How to use Oracle External tables to import data from text files, oracle Text Files
Recently, colleagues are busy with Data Consistency comparison. They need to compare the data in different text files. Some files are large and have many records. If they are opened in a common text editor, it is obvious that, it will be very difficult, or even cannot be opened.
Based on this, you can import the data of the text file to the database for comparison at the collection level.
So how to import text file data into the database? Here, we mainly use the External table feature of Oracle.
Oracle External tables support two types of drivers: ORACLE_LOADER, which means that the data in external tables must be from file files, and ORACLE_DATAPUMP, the data in the External table must be a binary dump file. The dump file is a file previously filled with Oracle internal table data imported into the external table. Obviously, Oracle wants to keep the data in the database for processing.
First, let's take a look at the size and record of the text file.
[oracle@node2 ~]$ du -sm P_20150626010000_2002371.0003479598 274 P_20150626010000_2002371.0003479598[oracle@node2 ~]$ wc -l P_20150626010000_2002371.0003479598 2899265 P_20150626010000_2002371.0003479598
From the above output, we can see that the file is 274 MB and has 2899265 records.
Second, create an external TABLE statement.
CREATE TABLE emp_load (subsid number(18), servnumber VARCHAR2(20 CHAR), subsprodid NUMBER(18), prodid VARCHAR2(32 CHAR), startdate date, enddate date, owner VARCHAR2(4 CHAR))ORGANIZATION EXTERNAL (TYPE ORACLE_LOADER DEFAULT DIRECTORY tmp ACCESS PARAMETERS (RECORDS DELIMITED BY NEWLINE FIELDS TERMINATED BY "|" ( subsid DECIMAL EXTERNAL, servnumber CHAR(20), subsprodid DECIMAL EXTERNAL, prodid CHAR(32), startdate date "yyyymmddhh24miss", enddate date "yyyymmddhh24miss", owner CHAR(4) ) ) LOCATION ('P_20150626010000_2002371.0003479598') );
Note: The Directory tmp must exist because it is executed under the scott user, so the scott user must have read and write permissions on the path.

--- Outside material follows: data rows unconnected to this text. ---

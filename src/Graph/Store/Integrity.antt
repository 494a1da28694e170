-- ===== src/Graph/Store/Integrity.antt =====
-- Referential integrity of the tables (internal/graph/graph.go, internal/graph/schema.sql): what
-- every operation of the writer keeps.
use interactivecodebase.Base.{
  ℕ, suc, max, ◌+◌, length, ◌≡◌, ◌≢◌, refl, String, ◌==◌, string_eq, nat_eq, Bool, true, false,
  ◌||◌, none, some, List, [], ◌∷◌, ◌++◌, any, All, All-map, All-append, ok, arith, Result-cases,
  inl, inr,
}
use interactivecodebase.Graph.Kinds.{node_kind_valid, edge_kind_valid}
use interactivecodebase.Graph.Model.{Node, Edge, Json}
use interactivecodebase.Graph.Store.Inversion.{add_node-eq-ok, add_edge-eq-ok}
use interactivecodebase.Graph.Store.{
  NodeRow, EdgeRow, Tables, has_node, upsert, same_key, last_id, insert_edge, node_row, edge_row,
  add_node, add_edge, Script, return, node, edge, run_script, Faults, write,
}

-- No two rows of nodes have one id.
abbrev pub DistinctIds : List NodeRow → Type 0
DistinctIds [] = Unit
DistinctIds (r ∷ rows) = (has_node r.id rows ≡ false) × DistinctIds rows

-- No two rows of edges have one key.
abbrev pub DistinctKeys : List EdgeRow → Type 0
DistinctKeys [] = Unit
DistinctKeys (e ∷ edges) = (any (λ f. same_key f e) edges ≡ false) × DistinctKeys edges

-- The ids are consecutive, from the one after `k` on.
abbrev pub Numbered : ℕ → List EdgeRow → Type 0
Numbered k [] = Unit
Numbered k (e ∷ edges) = (e.id ≡ suc k) × Numbered (suc k) edges

-- Both endpoints of an edge are rows of nodes.
abbrev pub HasEnds : List NodeRow → EdgeRow → Type 0
HasEnds rows e = (has_node e.src rows ≡ true) × (has_node e.dst rows ≡ true)

pub record IsSound (t : Tables) : Type 0 where
  pub ids : DistinctIds t.nodes
  pub names : All (λ r. r.id ≢ "") t.nodes
  pub node_kinds : All (λ r. node_kind_valid r.kind ≡ true) t.nodes
  pub ends : All (HasEnds t.nodes) t.edges
  pub keys : DistinctKeys t.edges
  pub edge_kinds : All (λ e. edge_kind_valid e.kind ≡ true) t.edges
  pub order : Numbered 0 t.edges

pub has_node-upsert :
    (k : String) (r : NodeRow) (rows : List NodeRow)
    → has_node k (upsert r rows) ≡ (k == r.id || has_node k rows)
unfolding has_node upsert any
has_node-upsert k r [] = refl
has_node-upsert k r (s ∷ rows) = ground (arith, has_node-upsert k r rows)

upsert-DistinctIds :
    (r : NodeRow) (rows : List NodeRow) → DistinctIds rows → DistinctIds (upsert r rows)
unfolding has_node upsert any
upsert-DistinctIds r [] d = (refl, tt)
upsert-DistinctIds r (s ∷ rows) d =
    ground (arith, upsert-DistinctIds r rows d.1, has_node-upsert s.id r rows)

upsert-All :
    (P : NodeRow → Type 0) (r : NodeRow) (rows : List NodeRow)
    → P r
    → All P rows
    → All P (upsert r rows)
unfolding upsert
upsert-All P r [] p h = (p, tt)
upsert-All P r (s ∷ rows) p h = ground (arith, upsert-All P r rows p h.1)

pub last_id-Numbered :
    (k : ℕ) (edges : List EdgeRow) → Numbered k edges → max k (last_id edges) ≡ k + length edges
unfolding last_id
last_id-Numbered k [] h = omega arith
last_id-Numbered k (e ∷ edges) h = omega (arith, last_id-Numbered (suc k) edges h.1)

append-Numbered :
    (k : ℕ) (edges : List EdgeRow) (e : EdgeRow)
    → Numbered k edges
    → e.id ≡ suc (k + length edges)
    → Numbered k (edges ++ e ∷ [])
append-Numbered k [] e h n = (omega arith, tt)
append-Numbered k (f ∷ edges) e h n = (h.0, append-Numbered (suc k) edges e h.1 (omega arith))

any-append_one :
    (p : EdgeRow → Bool) (edges : List EdgeRow) (e : EdgeRow)
    → any p (edges ++ e ∷ []) ≡ (any p edges || p e)
unfolding any
any-append_one p [] e = ground arith
any-append_one p (f ∷ edges) e = ground (arith, any-append_one p edges e)

-- The id is no part of the key.
same_key-next : (e f : EdgeRow) (n : ℕ) → same_key (record e { id = n }) f ≡ same_key e f
unfolding same_key
same_key-next e f n = refl

append-DistinctKeys :
    (edges : List EdgeRow) (e : EdgeRow)
    → DistinctKeys edges
    → any (same_key e) edges ≡ false
    → DistinctKeys (edges ++ e ∷ [])
unfolding any
append-DistinctKeys [] e d h = (refl, tt)
append-DistinctKeys (f ∷ edges) e d h =
    ground (arith, append-DistinctKeys edges e d.1, any-append_one (λ g. same_key g f) edges e)

ends-upsert :
    (r : NodeRow) (rows : List NodeRow) (edges : List EdgeRow)
    → All (HasEnds rows) edges
    → All (HasEnds (upsert r rows)) edges
ends-upsert r rows edges =
    All-map (HasEnds rows) (HasEnds (upsert r rows)) edges
      λ e h. ground (arith, has_node-upsert e.src r rows, has_node-upsert e.dst r rows)

upsert-IsSound :
    (r : NodeRow) (t : Tables)
    → r.id ≢ ""
    → node_kind_valid r.kind ≡ true
    → IsSound t
    → IsSound (record t { nodes = upsert r t.nodes })
upsert-IsSound r t named k s = record {
  ids = upsert-DistinctIds r t.nodes s.ids;
  names = upsert-All (λ n. n.id ≢ "") r t.nodes named s.names;
  node_kinds = upsert-All (λ n. node_kind_valid n.kind ≡ true) r t.nodes k s.node_kinds;
  ends = ends-upsert r t.nodes t.edges s.ends;
  keys = s.keys;
  edge_kinds = s.edge_kinds;
  order = s.order;
}

append-IsSound :
    (e : EdgeRow) (t : Tables)
    → edge_kind_valid e.kind ≡ true
    → any (same_key e) t.edges ≡ false
    → HasEnds t.nodes e
    → IsSound t
    → IsSound (record t { edges = t.edges ++ record e { id = suc (last_id t.edges) } ∷ [] })
unfolding same_key
append-IsSound e t k new ends s =
    let e' = record e { id = suc (last_id t.edges) } in
    record {
      ids = s.ids;
      names = s.names;
      node_kinds = s.node_kinds;
      ends = All-append (HasEnds t.nodes) t.edges (e' ∷ []) s.ends (ends, tt);
      keys = append-DistinctKeys t.edges e' s.keys new;
      edge_kinds =
          All-append (λ f. edge_kind_valid f.kind ≡ true) t.edges (e' ∷ []) s.edge_kinds (k, tt);
      order =
          append-Numbered 0 t.edges e' s.order (omega (arith, last_id-Numbered 0 t.edges s.order));
    }

insert_edge-IsSound :
    (e : EdgeRow) (t t' : Tables)
    → edge_kind_valid e.kind ≡ true
    → IsSound t
    → insert_edge e t ≡ ok t'
    → IsSound t'
unfolding insert_edge
insert_edge-IsSound e t t' k s h = ground (arith, append-IsSound e t k)

module _ (j : Json) where
  add_node-IsSound : (n : Node) (t t' : Tables) → IsSound t → add_node j n t ≡ ok t' → IsSound t'
  add_node-IsSound n t t' s h =
      let (a, _, named, known, e) = add_node-eq-ok j n t t' h in
      rw e (upsert-IsSound (node_row n a) t named known s)

  add_edge-IsSound : (e : Edge) (t t' : Tables) → IsSound t → add_edge j e t ≡ ok t' → IsSound t'
  add_edge-IsSound e t t' s h =
      let (a, _, known, inserted) = add_edge-eq-ok j e t t' h in
      insert_edge-IsSound (edge_row e a) t t' known s inserted

  run_script-IsSound : (c : Script j) (t : Tables) → IsSound t → IsSound (run_script j c t).1
  unfolding run_script
  run_script-IsSound (return e) t s = s
  run_script-IsSound (node n k) t s = elim (Result-cases (add_node j n t)) [
    | inl (e, h) ↦ rw (h, run_script) (run_script-IsSound (k (some e)) t s)
    | inr (t', h) ↦
        rw (h, run_script) (run_script-IsSound (k none) t' (add_node-IsSound n t t' s h))
  ]
  run_script-IsSound (edge x k) t s = elim (Result-cases (add_edge j x t)) [
    | inl (e, h) ↦ rw (h, run_script) (run_script-IsSound (k (some e)) t s)
    | inr (t', h) ↦
        rw (h, run_script) (run_script-IsSound (k none) t' (add_edge-IsSound x t t' s h))
  ]

  -- Whatever the callback does and whatever the database reports, a write keeps the tables sound:
  -- node ids are distinct and not empty, edge keys are distinct, kinds are known, both ends of every
  -- edge are nodes, and the edges are numbered from 1 in the order of their insertion.
  pub write-IsSound :
      (f : Faults j) (c : Script j) (t : Tables) → IsSound t → IsSound (write j f c t).1
  unfolding write
  write-IsSound f c t s = ground (arith, run_script-IsSound c t s)

  -- A write that reports an error leaves the tables as they were. One that reports none leaves
  -- them as the callback made them, and the callback itself returned no error.
  pub write_atomic :
      (f : Faults j) (c : Script j) (t : Tables)
      → ((write j f c t).0 ≢ [] → (write j f c t).1 ≡ t)
        × ((write j f c t).0 ≡ []
            → (run_script j c t).0 ≡ none × (write j f c t).1 ≡ (run_script j c t).1)
  unfolding write
  write_atomic f c t = ground arith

3. Execute the table creation statement under the scott user.
4. Check whether the generated external table is faulty.
SQL> select count(*) from emp_load; COUNT(*)------------------ 2899265
The number of records is consistent with the number of records viewed by wc-l.
Note that no error is reported during table creation, which does not necessarily mean that the data has been successfully loaded into the external table. You must query the External table to determine whether the data has been successfully loaded. If an error occurs, see the log files generated in the current directory. In this example, EMP_LOAD_2000.bad and EMP_LOAD_2000.log are used.
Of course, data in external tables can only be queried and cannot be used for DML operations. For example, you can randomly delete a piece of data in a table.
SQL> delete from emp_load where rownum=1;delete from emp_load where rownum=1 *ERROR at line 1:ORA-30657: operation not supported on external organized table
If you want to perform DML operations on the External table data, you can first import the data of the External table to the internal table. The procedure is as follows:
SQL> create table test as select * from emp_load where 1=0;Table created.Elapsed: 00:00:00.26SQL> INSERT /*+ APPEND */ INTO test select * from emp_load;2899265 rows created.Elapsed: 00:01:00.29SQL> select * from test where rownum<=100;select * from test where rownum<=100 *ERROR at line 1:ORA-12838: cannot read/modify an object after modifying it in parallelElapsed: 00:00:00.10SQL> commit;Commit complete.Elapsed: 00:00:00.07SQL> select * from test where rownum<=100;
Here, in order to save time, I used direct path insertion. It can be seen that inserting nearly 3 million data only took about 1 minute. Considering the database on my virtual machine, only MB of memory is allocated to it, and the loading efficiency is considerable.
SQL> show parameter memoryNAME TYPE VALUE------------------------------------ ----------- ------------------------------hi_shared_memory_address integer 0memory_max_target big integer 300Mmemory_target big integer 300Mshared_memory_address integer 0
Note: In SQL * PLUS, the output of the number field is 10 by default. As a result, a value such as 937116510102250300 may be displayed as 9.3712E + 17. Here, you can use set numwidth 18 to display the value of the complete number field.